**PROBLEM:**
Each line of the listing that includes the string "stores" needs to be located and copied.
════════════════
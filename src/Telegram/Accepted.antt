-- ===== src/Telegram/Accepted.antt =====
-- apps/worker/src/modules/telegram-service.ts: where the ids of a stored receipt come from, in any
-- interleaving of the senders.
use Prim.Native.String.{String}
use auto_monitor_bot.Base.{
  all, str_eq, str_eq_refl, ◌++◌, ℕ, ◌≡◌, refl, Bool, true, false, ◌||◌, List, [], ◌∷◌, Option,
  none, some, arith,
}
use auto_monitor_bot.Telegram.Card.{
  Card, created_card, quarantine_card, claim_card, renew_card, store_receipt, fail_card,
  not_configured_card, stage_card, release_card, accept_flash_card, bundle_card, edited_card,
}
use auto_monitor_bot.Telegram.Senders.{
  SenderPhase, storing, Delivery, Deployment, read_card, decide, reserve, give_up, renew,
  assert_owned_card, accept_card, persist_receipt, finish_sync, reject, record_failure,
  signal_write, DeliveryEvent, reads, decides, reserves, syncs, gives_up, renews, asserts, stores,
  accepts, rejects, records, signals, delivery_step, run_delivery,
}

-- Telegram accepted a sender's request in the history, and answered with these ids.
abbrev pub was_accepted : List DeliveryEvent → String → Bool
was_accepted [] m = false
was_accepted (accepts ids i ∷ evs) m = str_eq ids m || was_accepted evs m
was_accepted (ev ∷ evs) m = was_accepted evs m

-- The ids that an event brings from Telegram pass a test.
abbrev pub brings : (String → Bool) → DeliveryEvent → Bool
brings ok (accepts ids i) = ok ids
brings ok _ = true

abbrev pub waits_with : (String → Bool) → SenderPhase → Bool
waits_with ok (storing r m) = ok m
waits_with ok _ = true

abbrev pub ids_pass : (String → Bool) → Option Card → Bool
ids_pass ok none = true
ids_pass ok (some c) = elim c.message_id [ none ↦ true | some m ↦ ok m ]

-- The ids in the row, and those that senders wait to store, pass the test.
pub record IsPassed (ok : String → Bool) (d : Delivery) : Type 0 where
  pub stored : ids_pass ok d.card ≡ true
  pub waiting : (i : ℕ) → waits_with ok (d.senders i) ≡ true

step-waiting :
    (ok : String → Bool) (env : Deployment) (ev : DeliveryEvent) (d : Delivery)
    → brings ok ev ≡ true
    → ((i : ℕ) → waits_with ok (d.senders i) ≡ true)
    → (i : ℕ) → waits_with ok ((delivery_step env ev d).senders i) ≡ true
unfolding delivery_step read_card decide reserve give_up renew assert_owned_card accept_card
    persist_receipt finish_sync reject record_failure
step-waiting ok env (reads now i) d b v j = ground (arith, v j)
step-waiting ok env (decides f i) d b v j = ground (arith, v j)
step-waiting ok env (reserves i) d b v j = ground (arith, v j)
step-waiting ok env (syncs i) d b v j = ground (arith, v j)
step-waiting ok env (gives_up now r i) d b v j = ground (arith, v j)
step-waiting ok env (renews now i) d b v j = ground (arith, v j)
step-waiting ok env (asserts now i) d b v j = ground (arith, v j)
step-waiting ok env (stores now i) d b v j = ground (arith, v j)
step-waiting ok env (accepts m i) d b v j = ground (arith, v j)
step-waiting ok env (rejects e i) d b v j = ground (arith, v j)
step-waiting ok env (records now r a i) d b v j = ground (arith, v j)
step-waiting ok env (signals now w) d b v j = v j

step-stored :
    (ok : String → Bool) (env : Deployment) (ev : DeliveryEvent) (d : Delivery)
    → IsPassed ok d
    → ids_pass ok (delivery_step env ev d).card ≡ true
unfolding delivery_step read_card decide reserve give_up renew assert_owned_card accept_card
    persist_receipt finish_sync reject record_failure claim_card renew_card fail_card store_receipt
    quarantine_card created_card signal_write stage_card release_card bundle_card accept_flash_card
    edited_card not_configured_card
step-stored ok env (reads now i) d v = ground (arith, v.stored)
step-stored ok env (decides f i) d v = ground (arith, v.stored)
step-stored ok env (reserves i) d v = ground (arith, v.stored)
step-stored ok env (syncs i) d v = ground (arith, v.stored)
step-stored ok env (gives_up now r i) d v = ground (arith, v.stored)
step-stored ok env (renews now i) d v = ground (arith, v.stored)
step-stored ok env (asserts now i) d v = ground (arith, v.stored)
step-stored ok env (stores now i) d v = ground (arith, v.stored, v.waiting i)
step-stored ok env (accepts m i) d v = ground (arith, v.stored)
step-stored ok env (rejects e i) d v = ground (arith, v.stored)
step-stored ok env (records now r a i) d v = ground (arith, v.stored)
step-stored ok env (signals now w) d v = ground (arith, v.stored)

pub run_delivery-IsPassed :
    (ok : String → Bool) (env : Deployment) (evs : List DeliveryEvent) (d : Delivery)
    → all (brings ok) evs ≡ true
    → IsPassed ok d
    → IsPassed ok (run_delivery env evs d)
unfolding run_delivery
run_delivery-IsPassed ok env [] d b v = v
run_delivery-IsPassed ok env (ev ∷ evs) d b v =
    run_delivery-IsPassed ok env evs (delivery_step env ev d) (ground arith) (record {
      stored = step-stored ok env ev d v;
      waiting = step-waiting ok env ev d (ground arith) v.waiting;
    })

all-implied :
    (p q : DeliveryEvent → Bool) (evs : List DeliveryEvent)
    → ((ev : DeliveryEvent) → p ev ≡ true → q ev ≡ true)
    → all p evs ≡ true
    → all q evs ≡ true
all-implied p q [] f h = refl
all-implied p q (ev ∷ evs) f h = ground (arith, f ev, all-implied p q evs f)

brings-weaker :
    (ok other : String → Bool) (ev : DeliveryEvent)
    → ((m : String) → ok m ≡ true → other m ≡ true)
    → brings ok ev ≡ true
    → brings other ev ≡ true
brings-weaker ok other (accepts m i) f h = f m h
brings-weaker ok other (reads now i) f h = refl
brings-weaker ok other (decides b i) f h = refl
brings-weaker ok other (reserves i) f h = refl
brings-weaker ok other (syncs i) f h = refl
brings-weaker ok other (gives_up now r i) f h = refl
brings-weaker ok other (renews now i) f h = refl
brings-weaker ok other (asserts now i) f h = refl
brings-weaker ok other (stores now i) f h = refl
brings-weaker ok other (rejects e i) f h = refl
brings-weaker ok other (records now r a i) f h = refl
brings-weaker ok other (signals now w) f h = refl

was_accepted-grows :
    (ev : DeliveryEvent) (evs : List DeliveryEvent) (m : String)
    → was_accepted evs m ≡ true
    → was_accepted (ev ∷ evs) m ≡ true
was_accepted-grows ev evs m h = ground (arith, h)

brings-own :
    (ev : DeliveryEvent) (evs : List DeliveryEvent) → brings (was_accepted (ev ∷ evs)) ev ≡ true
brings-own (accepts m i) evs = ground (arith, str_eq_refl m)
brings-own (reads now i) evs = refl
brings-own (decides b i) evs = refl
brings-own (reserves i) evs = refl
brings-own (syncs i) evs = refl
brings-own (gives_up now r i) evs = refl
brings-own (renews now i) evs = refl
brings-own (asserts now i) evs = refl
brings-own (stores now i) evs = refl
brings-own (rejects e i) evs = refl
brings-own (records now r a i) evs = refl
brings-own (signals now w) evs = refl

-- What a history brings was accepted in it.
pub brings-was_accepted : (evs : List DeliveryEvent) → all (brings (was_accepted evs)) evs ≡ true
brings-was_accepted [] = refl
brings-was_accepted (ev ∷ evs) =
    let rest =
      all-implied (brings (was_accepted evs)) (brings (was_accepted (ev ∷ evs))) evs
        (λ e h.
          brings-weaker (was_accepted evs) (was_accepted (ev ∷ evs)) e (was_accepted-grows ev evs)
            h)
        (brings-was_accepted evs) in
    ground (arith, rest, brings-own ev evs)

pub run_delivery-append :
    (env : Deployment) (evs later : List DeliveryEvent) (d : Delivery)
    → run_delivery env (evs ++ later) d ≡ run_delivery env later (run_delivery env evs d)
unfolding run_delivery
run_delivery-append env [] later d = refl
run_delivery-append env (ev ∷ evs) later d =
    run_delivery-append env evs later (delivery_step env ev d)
════════════════
**RESULT:**
  signal_write, DeliveryEvent, reads, decides, reserves, syncs, gives_up, renews, asserts, stores,
step-waiting ok env (stores now i) d b v j = ground (arith, v j)
step-stored ok env (stores now i) d v = ground (arith, v.stored, v.waiting i)
brings-weaker ok other (stores now i) f h = refl
brings-own (stores now i) evs = refl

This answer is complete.